What Is A Service Dog

There is a difference between "Being of Service" and "being a servant". To Be of Service means that you're joyfully giving according to your ability and what you are giving comes from the heart. 

Being a servant means that you're giving or doing out of obligation. Also keep in mind that doing for someone who doesn't want or need you to is not service, it is a form of control. To notice a need and step forward assist, be of service. This is done no matter if noticed, thanked, appreciated, recognized or not. The service being great, it's done still. It's unconditional and done with care and love. I do simply because. . 
Service Dogs are not servants. Trained correctly, a service dog joyfully and intently does its job helping its handler. A service dog is specifically trained to help people who have disabilities, such as visual impairment, hearing impairments, mental illnesses (such as post-traumatic stress disorder (PTSD)), seizure disorder, mobility impairment, and diabetes. 

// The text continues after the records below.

-- ===== src/Cache/Agreement.antt =====
-- The bulk rebuild of src/kayak/db/cache.py against one call of `update_latest_gauge`.
use kayak_python.Base.{
  ℕ, ◌+◌, ◌/◌, ◌≡◌, refl, sym, ◌∙◌, ap, subst, Bool, true, false, ◌&&◌, Option, none, some, List,
  [], ◌∷◌, All, map, keep_if, is_empty, ◌==◌, if◌then◌else◌, arith, Bool-cases, inl, inr,
}
use mathlib.Core.Option
use kayak_python.Observations.Store.{DataType, same_type, Observation}
use kayak_python.Cache.Tables.{
  LatestGaugeObservation, GaugeSource, first_row, newer_or_higher, is_before, has_gauge, find,
  get_latest_gauge, gauge_row, source_ids, counts, previous_of_gauge, save_gauge,
  update_latest_gauge,
}
use kayak_python.Cache.Newest.{
  First-passes, first_row-First, same_type_self, same_type→≡, find-save, find-delete,
}
use kayak_python.Cache.Bulk.{
  same_partition, joined, ranked_before, pick, Julian, bulk_row, text_before, joins_latest,
  prev_rows, row_of, update_all_latest_gauges, second, six_hours_of_seconds,
}
use kayak_python.Cache.Picked.{
  find-pick, in_partition, partition-same, partition-out, at_gauge, best-joined,
}

module _ {ℓ} {A : Type ℓ} where
  find-ext : (p q : A → Bool) → ((a : A) → p a ≡ q a) → (rows : List A) → find p rows ≡ find q rows
  find-ext p q h [] = refl
  find-ext p q h (a ∷ rows) = ground (arith, h a, find-ext p q h rows)

  keep_if-twice :
      (p q r : A → Bool)
      → ((a : A) → p a ≡ true → q a ≡ r a)
      → (rows : List A) → keep_if p (keep_if q rows) ≡ keep_if (λ a. p a && r a) rows
  keep_if-twice p q r h [] = refl
  keep_if-twice p q r h (a ∷ rows) = ground (arith, h a, keep_if-twice p q r h rows)

  keep_if-both :
      (c p q : A → Bool) (rows : List A)
      → All (λ a. p a ≡ q a) (keep_if c rows)
      → keep_if (λ a. c a && p a) rows ≡ keep_if (λ a. c a && q a) rows
  keep_if-both c p q [] h = refl
  keep_if-both c p q (a ∷ rows) h = elim (Bool-cases (c a)) [
    | inl e ↦
        (let k : All (λ a. p a ≡ q a) (a ∷ keep_if c rows) =
            subst
              (λ b.
                All (λ a. p a ≡ q a)
                  (elim b [ true ↦ a ∷ keep_if c rows | false ↦ keep_if c rows ]))
              e h in
          ground (arith, e, k.0, keep_if-both c p q rows k.1))
    | inr e ↦
        (let k : All (λ a. p a ≡ q a) (keep_if c rows) =
            subst
              (λ b.
                All (λ a. p a ≡ q a)
                  (elim b [ true ↦ a ∷ keep_if c rows | false ↦ keep_if c rows ]))
              e h in
          ground (arith, e, keep_if-both c p q rows k))
  ]

All-map :
    {A : Type 0} {P Q : A → Type 0} (f : (a : A) → P a → Q a) (rows : List A)
    → All P rows
    → All Q rows
All-map f [] h = tt
All-map f (a ∷ rows) h = (f a h.0, All-map f rows h.1)

find-map :
    {A B : Type 0} (f : A → B) (p : B → Bool) (rows : List A)
    → find p (map f rows) ≡ Option.map f (find (λ a. p (f a)) rows)
find-map f p [] = refl
find-map f p (a ∷ rows) = ground (arith, find-map f p rows)

-- No row that counts lies in the second that is six hours before the latest one's.
abbrev pub IsApart : {V : Type 0} → Observation ℕ V → Observation ℕ V → Type 0
IsApart latest o =
    (o.observed_at / second + six_hours_of_seconds == latest.observed_at / second) ≡ false

text_before-is_before :
    {V : Type 0} (latest o : Observation ℕ V)
    → IsApart latest o
    → text_before latest o ≡ is_before latest o
text_before-is_before latest o h = ground arith

row_of-map :
    {V : Type 0} (gauge_id : ℕ) (o : Option (Observation ℕ V))
    → row_of (Option.map (at_gauge gauge_id) o) ≡ o
row_of-map gauge_id none = refl
row_of-map gauge_id (some o) = refl

no-source :
    {V : Type 0} (ids : List ℕ) (t : DataType) (since : ℕ) (obs : List (Observation ℕ V))
    → is_empty ids ≡ true
    → first_row newer_or_higher (keep_if (counts ids t since) obs) ≡ none
unfolding first_row
no-source [] t since [] e = refl
no-source [] t since (o ∷ obs) e = no-source [] t since obs e
no-source (i ∷ ids) t since obs e = absurd (ground arith)

module _ {V : Type 0} (gauge_id : ℕ) (t : DataType) (links : List GaugeSource) (since : ℕ) where
  -- The row that is picked as the latest.
  latest-pick :
      (obs : List (Observation ℕ V))
      → find (in_partition gauge_id t) (pick same_partition ranked_before (joined links since obs))
        ≡ Option.map
            (at_gauge gauge_id)
            (first_row newer_or_higher (keep_if (counts (source_ids gauge_id links) t since) obs))
  latest-pick obs =
      find-pick same_partition ranked_before (in_partition gauge_id t) (partition-same gauge_id t)
        (partition-out gauge_id t) (joined links since obs)
      ∙ best-joined gauge_id (in_partition gauge_id t) (λ o. same_type o.data_type t) (λ r. refl)
          links since (counts (source_ids gauge_id links) t since) (λ o. ground arith) obs

  -- The row that is picked as the previous one, for the latest row `l`.
  prev-pick :
      (l : Observation ℕ V) (obs : List (Observation ℕ V))
      → find (in_partition gauge_id t) (pick same_partition ranked_before (joined links since obs))
        ≡ some (at_gauge gauge_id l)
      → All (IsApart l) (keep_if (counts (source_ids gauge_id links) t since) obs)
      → find (in_partition gauge_id t) (
          pick same_partition ranked_before (
            prev_rows
              (pick same_partition ranked_before (joined links since obs))
              (joined links since obs)))
        ≡ Option.map
            (at_gauge gauge_id)
            (previous_of_gauge (source_ids gauge_id links) t since obs l)
  prev-pick l obs found h =
      let rows = joined links since obs in
      let picks = pick same_partition ranked_before rows in
      find-pick same_partition ranked_before (in_partition gauge_id t) (partition-same gauge_id t)
        (partition-out gauge_id t) (prev_rows picks rows)
      ∙ ap (first_row ranked_before) (
          keep_if-twice (in_partition gauge_id t)
            (λ r. joins_latest (find (same_partition r) picks) r) (λ r. text_before l r.row)
            (λ r e.
              ap (λ lp. joins_latest lp r)
                (find-ext (same_partition r) (in_partition gauge_id t)
                    (λ q. partition-same gauge_id t r q e) picks
                  ∙ found))
            rows)
      ∙ best-joined gauge_id (λ r. in_partition gauge_id t r && text_before l r.row)
          (λ o. same_type o.data_type t && text_before l o) (λ r. ground arith) links since
          (λ o. counts (source_ids gauge_id links) t since o && text_before l o) (λ o. ground arith)
          obs
      ∙ ap (λ os. Option.map (at_gauge gauge_id) (first_row newer_or_higher os))
          (keep_if-both (counts (source_ids gauge_id links) t since) (text_before l) (is_before l)
            obs (All-map (text_before-is_before l) _ h))

  module _ (j : Julian V) (per_hour : V → V → ℕ → V) where
    -- No counted row lies in the second that is six hours before that of the newest one.
    abbrev pub HasNoTie : Option (Observation ℕ V) → List (Observation ℕ V) → Type 0
    HasNoTie none obs = Unit
    HasNoTie (some l) obs =
        All (IsApart l) (keep_if (counts (source_ids gauge_id links) t since) obs)

    abbrev newest : List (Observation ℕ V) → Option (Observation ℕ V)
    newest obs =
        first_row newer_or_higher (keep_if (counts (source_ids gauge_id links) t since) obs)

    abbrev Row : Type 0
    Row = ℕ → DataType → Observation ℕ V → Option (Observation ℕ V) → LatestGaugeObservation V

    -- The row of a gauge, from its newest observation.
    abbrev row_for :
        Row → List (Observation ℕ V) → Option (Observation ℕ V) → Option (LatestGaugeObservation V)
    row_for make obs none = none
    row_for make obs (some l) =
        some (make gauge_id t l (previous_of_gauge (source_ids gauge_id links) t since obs l))

    -- A row without the rate, whose floating-point arithmetic differs.
    abbrev pub without_delta : LatestGaugeObservation V → LatestGaugeObservation V
    without_delta r = record r { delta_per_hour = none }

    same_but_delta :
        (obs : List (Observation ℕ V)) (l : Option (Observation ℕ V))
        → Option.map without_delta (row_for (bulk_row j) obs l)
          ≡ Option.map without_delta (row_for (gauge_row per_hour) obs l)
    same_but_delta obs none = refl
    same_but_delta obs (some l) = refl

    newest-type :
        (obs : List (Observation ℕ V)) (l : Observation ℕ V)
        → newest obs ≡ some l
        → same_type l.data_type t ≡ true
    newest-type obs l e =
        let c = counts (source_ids gauge_id links) t since in
        let k =
          First-passes newer_or_higher c obs (newest obs) l
            (first_row-First newer_or_higher c (λ a b. ground arith) (λ a b d g h. ground arith)
              obs)
            e in
        ground (arith, k)

    bulk-row :
        (obs : List (Observation ℕ V)) (l : Option (Observation ℕ V))
        → newest obs ≡ l
        → HasNoTie l obs
        → get_latest_gauge gauge_id t (update_all_latest_gauges j links since obs)
          ≡ row_for (bulk_row j) obs l
    unfolding get_latest_gauge update_all_latest_gauges
    bulk-row obs none e h =
        find-map _ (has_gauge gauge_id t)
          (pick same_partition ranked_before (joined links since obs))
        ∙ ap (Option.map _) (latest-pick obs ∙ ap (Option.map (at_gauge gauge_id)) e)
    bulk-row obs (some l) e h =
        let found = latest-pick obs ∙ ap (Option.map (at_gauge gauge_id)) e in
        let prev =
          ap row_of (
            find-ext _ (in_partition gauge_id t)
              (λ q.
                partition-same gauge_id t (at_gauge gauge_id l) q
                  (ground (arith, newest-type obs l e)))
              _
            ∙ prev-pick l obs found h)
          ∙ row_of-map gauge_id (previous_of_gauge (source_ids gauge_id links) t since obs l) in
        find-map _ (has_gauge gauge_id t)
          (pick same_partition ranked_before (joined links since obs))
        ∙ ap (Option.map _) found
        ∙ ap (λ o. some (bulk_row j gauge_id l.data_type l o)) prev
        ∙ ap
            (λ u. some (
              bulk_row j gauge_id u l
                (previous_of_gauge (source_ids gauge_id links) t since obs l)))
            (same_type→≡ l.data_type t (newest-type obs l e))

    save_gauge-row :
        (obs : List (Observation ℕ V)) (l : Option (Observation ℕ V))
        (table : List (LatestGaugeObservation V))
        → find
            (has_gauge gauge_id t)
            (save_gauge per_hour gauge_id (source_ids gauge_id links) t since obs l table)
          ≡ row_for (gauge_row per_hour) obs l
    save_gauge-row obs none table = find-delete (has_gauge gauge_id t) (has_gauge gauge_id t) table
    save_gauge-row obs (some l) table =
        find-save (has_gauge gauge_id t) (has_gauge gauge_id t) _ table
          (ground (arith, same_type_self t))

    -- The bulk rebuild gives a gauge and a type the row that `update_latest_gauge` gives them, but for
    -- its delta_per_hour, whatever the table held, when no counted observation lies in the second that
    -- is six hours before that of the newest one.
    pub bulk_is_loop :
        (obs : List (Observation ℕ V)) (table : List (LatestGaugeObservation V))
        → HasNoTie (newest obs) obs
        → Option.map without_delta
            (get_latest_gauge gauge_id t (update_all_latest_gauges j links since obs))
          ≡ Option.map without_delta (
              get_latest_gauge gauge_id t
                (update_latest_gauge per_hour links since gauge_id t obs table))
    unfolding get_latest_gauge update_latest_gauge
    bulk_is_loop obs table h = elim (Bool-cases (is_empty (source_ids gauge_id links))) [
      | inl e ↦ ap (Option.map without_delta) (
          bulk-row obs none (no-source (source_ids gauge_id links) t since obs e) tt
          ∙ sym (
              rw (e, if◌then◌else◌)
                (find-delete (has_gauge gauge_id t) (has_gauge gauge_id t) table)))
      | inr e ↦
          ap (Option.map without_delta) (bulk-row obs (newest obs) refl h)
          ∙ same_but_delta obs (newest obs)
          ∙ ap (Option.map without_delta)
              (sym (rw (e, if◌then◌else◌) (save_gauge-row obs (newest obs) table)))
    ]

According to law (2011 American’s With Disabilities Act from the Department of Justice): Service animals are defined as dogs that are individually trained to do work or perform tasks for people with disabilities. Examples of such work or tasks include guiding people who are blind, alerting people who are deaf, pulling a wheelchair, alerting and protecting a person who is having a seizure, reminding a person with mental illness to take prescribed medications, calming a person with Post Traumatic Stress Disorder (PTSD) during an anxiety attack, or performing other duties. Service animals are working animals, not pets. 

The work or task a dog has been trained to provide must be directly related to the person’s disability. Dogs whose sole function is to provide comfort or emotional support do not qualify as service animals under the ADA.